Genève

A Onex, le PLR fourbit ses armes après la défaite d’Eric Stauffer

Plongée dans le fief du bouillant MCG, qui devra probablement quitter la mairie au deuxième tour des élections. Car droite et gauche risquent de s’allier contre lui.

Le PLR fourbit ses armes contre «l’animal blessé»

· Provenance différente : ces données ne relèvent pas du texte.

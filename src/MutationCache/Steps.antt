-- ===== src/MutationCache/Steps.antt =====
-- Every method of the mutation cache as a step, additions that do not overlap included, and the order of
-- the ids in each cache they lead to.
use rs_query.Base.{ℕ, ◌≡◌, refl, sym, subst, List, [], ◌∷◌, Text, arith, for_each}
use rs_query.MutationCache.{
  MutationCacheEntry, MutationCache, MutationCacheEvent, new_cache, emit, add, update, remove,
  clear, mark_running, mark_finished, notify_scope, subscribe_scope, run_next, paused_entries,
  resume_paused_mutations, unpause_all,
}
use rs_query.MutationCache.Entries.{
  Rising, IsOrdered, stored, Rising-append, Rising-apply, Rising-drop, Rising-unpause, add_fields,
  remove_fields, update_fields,
}

-- The steps of a mutation cache: every public method that changes it, each in one go, with updates
-- that keep ids.
pub data Step : MutationCache → MutationCache → Type 0 where
  adds : (c : MutationCache) (e : MutationCacheEntry) → Step c (add e c).0
  updates :
      (c : MutationCache) (id : ℕ) (f : MutationCacheEntry → MutationCacheEntry)
      → ((x : MutationCacheEntry) → (f x).id ≡ x.id)
      → Step c (update id f c).0
  removes : (c : MutationCache) (id : ℕ) → Step c (remove id c).0
  clears : (c : MutationCache) → Step c (clear c)
  marks : (c : MutationCache) (k : Text) → Step c (mark_running k c)
  finishes : (c : MutationCache) (k : Text) → Step c (mark_finished k c)
  subscribes : (c : MutationCache) (k : Text) → Step c (subscribe_scope k c).0
  runs_next : (c : MutationCache) (k : Text) → Step c (run_next k c).0
  resumes : (c : MutationCache) → Step c (resume_paused_mutations c).0

pub data Reach : MutationCache → Type 0 where
  start : Reach new_cache
  then_step : {c d : MutationCache} → Reach c → Step c d → Reach d

-- What a step leaves of the entries and of the last id.
abbrev pub key_part : MutationCache → List MutationCacheEntry × ℕ
key_part c = (c.entries, c.next_id)

events_keep :
    (event : MutationCacheEntry → MutationCacheEvent) (es : List MutationCacheEntry)
    (c : MutationCache)
    → key_part (for_each es (λ e. emit (event e)) c) ≡ key_part c
unfolding for_each
events_keep event [] c = refl
events_keep event (e ∷ es) c = events_keep event es (emit (event e) c)

pub clear_part : (c : MutationCache) → key_part (clear c) ≡ ([], c.next_id)
unfolding clear
clear_part c = events_keep _ c.entries _

pub resume_part :
    (c : MutationCache)
    → key_part (resume_paused_mutations c).0 ≡ (unpause_all c.entries, c.next_id)
unfolding resume_paused_mutations
resume_part c = events_keep _ (paused_entries c.entries) _

notify_part : (k : Text) (c : MutationCache) → key_part (notify_scope k c) ≡ key_part c
unfolding notify_scope
notify_part k c = ground arith

pub finished_part : (k : Text) (c : MutationCache) → key_part (mark_finished k c) ≡ key_part c
unfolding mark_finished notify_scope
finished_part k c = ground arith

pub subscribed_part : (k : Text) (c : MutationCache) → key_part (subscribe_scope k c).0 ≡ key_part c
unfolding subscribe_scope
subscribed_part k c = ground arith

pub next_part : (k : Text) (c : MutationCache) → key_part (run_next k c).0 ≡ key_part c
unfolding run_next notify_scope
next_part k c = ground arith

part_is :
    (d : MutationCache) (p : List MutationCacheEntry × ℕ)
    → key_part d ≡ p
    → Rising 0 p.1 p.0
    → IsOrdered d
part_is d p e h = subst (λ q. Rising 0 q.1 q.0) (sym e) h

Step-IsOrdered : {c d : MutationCache} → Step c d → IsOrdered c → IsOrdered d
unfolding mark_running
Step-IsOrdered (adds c e) o =
    rw ((add_fields e c).0, (add_fields e c).1)
      (Rising-append 0 c.next_id c.entries (stored e c) refl o)
Step-IsOrdered (updates c id f k) o =
    rw ((update_fields id f c).0, (update_fields id f c).1)
      (Rising-apply id 0 c.next_id f c.entries k o)
Step-IsOrdered (removes c id) o =
    rw ((remove_fields id c).0, (remove_fields id c).1) (Rising-drop id 0 c.next_id c.entries o)
Step-IsOrdered (clears c) o = part_is (clear c) ([], c.next_id) (clear_part c) (omega arith)
Step-IsOrdered (marks c k) o = o
Step-IsOrdered (finishes c k) o = part_is (mark_finished k c) (key_part c) (finished_part k c) o
Step-IsOrdered (subscribes c k) o =
    part_is (subscribe_scope k c).0 (key_part c) (subscribed_part k c) o
Step-IsOrdered (runs_next c k) o = part_is (run_next k c).0 (key_part c) (next_part k c) o
Step-IsOrdered (resumes c) o =
    part_is (resume_paused_mutations c).0 (unpause_all c.entries, c.next_id) (resume_part c)
      (Rising-unpause 0 c.next_id c.entries o)

-- The ids of every cache that the methods lead to, from a new one, with updates that keep ids and as long
-- as no two additions overlap, rise strictly, and none is above the last one given.
pub reached-IsOrdered : (c : MutationCache) → Reach c → IsOrdered c
unfolding new_cache
reached-IsOrdered c start = omega arith
reached-IsOrdered d (then_step r s) = Step-IsOrdered s (reached-IsOrdered _ r)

Dans les rues d’Onex hier après-midi, il y avait presque autant d’élus que d’électeurs. A part une retraitée qui, sous l’influence de sa famille, n’a pas voté pour Eric Stauffer, s’en mord les doigts et promet de corriger cette erreur au second tour; une dame d’origine portugaise qui a voté pour lui et «serait déçue s’il ne passe pas, parce qu’on s’est habitué à le voir partout et qu’on est d’accord avec son slogan «Zéro frontalier»; un étudiant qui, par conviction, ne glissera jamais de Mouvement Citoyens genevois (MCG) dans l’urne; et des passants que la chose politique n’affole pas; à part ceux-là, il y a des élus PLR qui fourbissent leurs armes, après avoir gagné deux sièges au Municipal et poussé l’un des leurs à l’exécutif devant Eric Stauffer.

D’abord Frédéric Duret, élu au Municipal, heureux, pressé: «La preuve est faite que les électeurs ont sanctionné Eric Stauffer et pas son parti, puisque le MCG maintient ses 8 sièges.» Pour le nouvel élu, pas de doute: le slogan «Zéro frontalier» était le slogan de trop, agressif en diable, celui qui a coûté son fauteuil à Eric Stauffer. Une analyse que valide le politologue Pascal Sciarini, de l’Université de Genève: «Cette tactique est catastrophique s’il s’agit d’aller chercher des voix à l’extérieur de son électorat de base. C’est un suicide politique. Eric Stauffer est en train de vivre ce que Christoph Blocher a vécu en 2007, pour avoir confondu le rôle de magistrat avec celui de chef de file trublion.»

Un peu plus loin, voici le PLR François Mumenthaler, heureux, pressé, sorti troisième à l’exécutif devant Eric Stauffer. Traité hier dans nos colonnes par ce dernier de «Putzfrau» de la gauche, il lui renvoie le compliment: «A ce compte-là, il a aussi été pendant quatre ans la «Putzfrau» de Mmes Carole-Anne Kast, socialiste, et Ruth Bänziger, Verte!» Plus sérieusement, François Mumenthaler confie que son parti se dirige vers une alliance à quatre, avec le PDC, le PS et les Verts. «Ce n’est pas pour virer Eric Stauffer, mais pour tenter de trouver trois personnes capables de trouver une majorité pour gouverner. Car quoi qu’on en dise, le trio avec Stauffer n’était pas le dream team qu’il disait. Il y a eu deux contentieux entre eux pendant cette législature.» Pour autant, il ne pavoise pas encore: «Eric Stauffer a de la ressource, et c’est aujourd’hui un animal blessé.»

Seul contre tous

A deux pas de là, à la mairie, l’animal blessé a de l’énergie à revendre: «Ils sont capables d’alliances contre-nature uniquement pour me barrer la route. Mais ça va en énerver plus d’un, car les gens ne sont pas dupes!» Et le maire de rappeler l’excellence de son bilan. Pour autant, il faudrait un miracle pour le reconduire à la mairie, seul contre tous. Car lorsque les irréductibles finissent par conclure une alliance pour venir à bout du tiers agitateur, la messe est dite. «Ne pas pouvoir conclure d’alliances, c’est le prix à payer pour être contestataire et conserver un profil musclé, explique Pascal Sciarini. Mais rentrer dans le rang présente aussi des désavantages. Celle de perdre un électorat très mobilisé. C’est la problématique de l’UDC.» Même si le MCG a perdu 9 sièges au niveau cantonal (de 73 à 64) et disparaît dans quatre communes, c’est encore un «score honorable», note Pascal Sciarini, «pour un parti qui a exploité presque complètement son potentiel, aux alentours des 25%». Dure, l’apogée.